* [What to work on]: Pick every line out of the entries below that has the string "insert", and copy it.
------------------------------------------------------------
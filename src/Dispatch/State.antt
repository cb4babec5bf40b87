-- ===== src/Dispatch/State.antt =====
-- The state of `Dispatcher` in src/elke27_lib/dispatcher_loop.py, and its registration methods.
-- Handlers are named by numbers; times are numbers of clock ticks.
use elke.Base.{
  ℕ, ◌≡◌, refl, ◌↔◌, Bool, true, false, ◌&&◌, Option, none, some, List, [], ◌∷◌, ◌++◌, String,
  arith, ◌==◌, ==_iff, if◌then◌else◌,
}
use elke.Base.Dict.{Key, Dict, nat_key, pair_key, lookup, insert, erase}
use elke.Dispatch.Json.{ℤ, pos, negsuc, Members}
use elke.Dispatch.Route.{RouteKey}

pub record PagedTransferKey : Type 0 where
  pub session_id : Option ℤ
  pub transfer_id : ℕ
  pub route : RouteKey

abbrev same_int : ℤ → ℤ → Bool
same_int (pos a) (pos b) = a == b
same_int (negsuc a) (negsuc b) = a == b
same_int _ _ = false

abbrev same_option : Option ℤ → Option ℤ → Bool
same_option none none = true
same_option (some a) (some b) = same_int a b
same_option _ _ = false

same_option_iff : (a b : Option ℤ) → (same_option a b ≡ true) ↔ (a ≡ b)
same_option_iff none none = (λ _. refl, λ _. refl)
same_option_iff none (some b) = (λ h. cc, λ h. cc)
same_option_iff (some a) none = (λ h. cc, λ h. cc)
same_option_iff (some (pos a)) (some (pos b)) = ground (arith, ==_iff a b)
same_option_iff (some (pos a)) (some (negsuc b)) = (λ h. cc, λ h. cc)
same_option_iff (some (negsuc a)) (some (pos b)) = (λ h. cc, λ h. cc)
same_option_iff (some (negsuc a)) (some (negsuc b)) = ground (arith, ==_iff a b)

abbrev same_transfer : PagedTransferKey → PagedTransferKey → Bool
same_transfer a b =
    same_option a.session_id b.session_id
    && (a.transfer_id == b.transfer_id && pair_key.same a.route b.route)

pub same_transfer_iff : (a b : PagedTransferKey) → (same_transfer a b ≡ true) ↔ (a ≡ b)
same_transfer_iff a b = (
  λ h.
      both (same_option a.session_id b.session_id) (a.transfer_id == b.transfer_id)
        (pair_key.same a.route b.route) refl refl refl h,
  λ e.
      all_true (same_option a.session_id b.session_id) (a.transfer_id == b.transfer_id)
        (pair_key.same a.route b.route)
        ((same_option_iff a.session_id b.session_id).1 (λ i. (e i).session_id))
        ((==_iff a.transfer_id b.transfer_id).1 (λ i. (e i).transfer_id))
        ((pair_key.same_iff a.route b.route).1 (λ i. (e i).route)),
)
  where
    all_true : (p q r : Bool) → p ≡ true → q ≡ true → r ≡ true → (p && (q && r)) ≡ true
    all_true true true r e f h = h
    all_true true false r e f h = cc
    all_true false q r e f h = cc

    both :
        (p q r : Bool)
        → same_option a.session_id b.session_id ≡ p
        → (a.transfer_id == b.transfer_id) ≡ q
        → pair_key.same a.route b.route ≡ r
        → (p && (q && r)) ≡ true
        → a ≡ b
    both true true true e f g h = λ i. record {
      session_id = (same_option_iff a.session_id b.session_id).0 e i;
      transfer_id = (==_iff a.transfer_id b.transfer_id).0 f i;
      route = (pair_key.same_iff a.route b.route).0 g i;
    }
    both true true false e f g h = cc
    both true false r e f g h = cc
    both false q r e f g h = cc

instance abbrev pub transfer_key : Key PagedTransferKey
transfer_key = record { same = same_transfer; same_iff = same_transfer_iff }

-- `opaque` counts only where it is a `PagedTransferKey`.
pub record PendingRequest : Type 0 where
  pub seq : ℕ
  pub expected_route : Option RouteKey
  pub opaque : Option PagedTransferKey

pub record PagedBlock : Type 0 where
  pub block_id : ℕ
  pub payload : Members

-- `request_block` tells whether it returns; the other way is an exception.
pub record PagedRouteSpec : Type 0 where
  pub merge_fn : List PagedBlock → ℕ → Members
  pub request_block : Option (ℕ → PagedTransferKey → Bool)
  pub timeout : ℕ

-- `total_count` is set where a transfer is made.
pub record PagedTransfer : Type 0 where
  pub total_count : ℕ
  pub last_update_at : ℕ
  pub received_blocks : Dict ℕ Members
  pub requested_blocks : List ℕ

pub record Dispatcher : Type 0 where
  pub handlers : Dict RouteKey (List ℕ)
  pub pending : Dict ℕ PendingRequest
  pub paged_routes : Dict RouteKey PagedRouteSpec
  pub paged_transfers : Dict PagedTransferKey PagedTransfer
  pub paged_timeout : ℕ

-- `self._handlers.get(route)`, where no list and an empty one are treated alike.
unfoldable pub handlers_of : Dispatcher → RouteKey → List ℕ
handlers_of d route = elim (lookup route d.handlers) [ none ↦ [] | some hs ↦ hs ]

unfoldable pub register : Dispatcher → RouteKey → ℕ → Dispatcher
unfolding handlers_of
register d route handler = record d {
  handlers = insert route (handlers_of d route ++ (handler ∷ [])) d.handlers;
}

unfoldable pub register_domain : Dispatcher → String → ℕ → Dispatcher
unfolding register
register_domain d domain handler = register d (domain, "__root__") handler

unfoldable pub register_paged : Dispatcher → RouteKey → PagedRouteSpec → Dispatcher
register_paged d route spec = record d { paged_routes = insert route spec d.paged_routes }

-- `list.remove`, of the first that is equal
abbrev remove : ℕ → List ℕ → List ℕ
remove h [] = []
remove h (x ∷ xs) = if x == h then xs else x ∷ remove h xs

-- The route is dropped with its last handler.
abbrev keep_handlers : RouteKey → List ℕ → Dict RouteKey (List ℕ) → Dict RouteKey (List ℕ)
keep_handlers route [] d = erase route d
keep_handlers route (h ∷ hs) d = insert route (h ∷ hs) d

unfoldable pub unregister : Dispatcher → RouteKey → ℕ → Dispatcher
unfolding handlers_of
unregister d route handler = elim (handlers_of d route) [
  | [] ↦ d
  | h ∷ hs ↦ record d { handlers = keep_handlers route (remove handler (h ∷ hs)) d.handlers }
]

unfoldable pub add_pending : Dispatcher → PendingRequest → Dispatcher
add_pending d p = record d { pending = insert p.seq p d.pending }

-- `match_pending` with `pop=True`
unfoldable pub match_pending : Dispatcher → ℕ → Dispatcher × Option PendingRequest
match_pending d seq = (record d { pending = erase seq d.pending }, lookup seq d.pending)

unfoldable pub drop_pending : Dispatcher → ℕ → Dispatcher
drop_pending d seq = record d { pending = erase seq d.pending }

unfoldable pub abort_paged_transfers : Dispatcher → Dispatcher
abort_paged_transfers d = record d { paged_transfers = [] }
------------------------------------------------------------
* [Answer below]:
use elke.Base.Dict.{Key, Dict, nat_key, pair_key, lookup, insert, erase}
  handlers = insert route (handlers_of d route ++ (handler ∷ [])) d.handlers;
register_paged d route spec = record d { paged_routes = insert route spec d.paged_routes }
keep_handlers route (h ∷ hs) d = insert route (h ∷ hs) d
add_pending d p = record d { pending = insert p.seq p d.pending }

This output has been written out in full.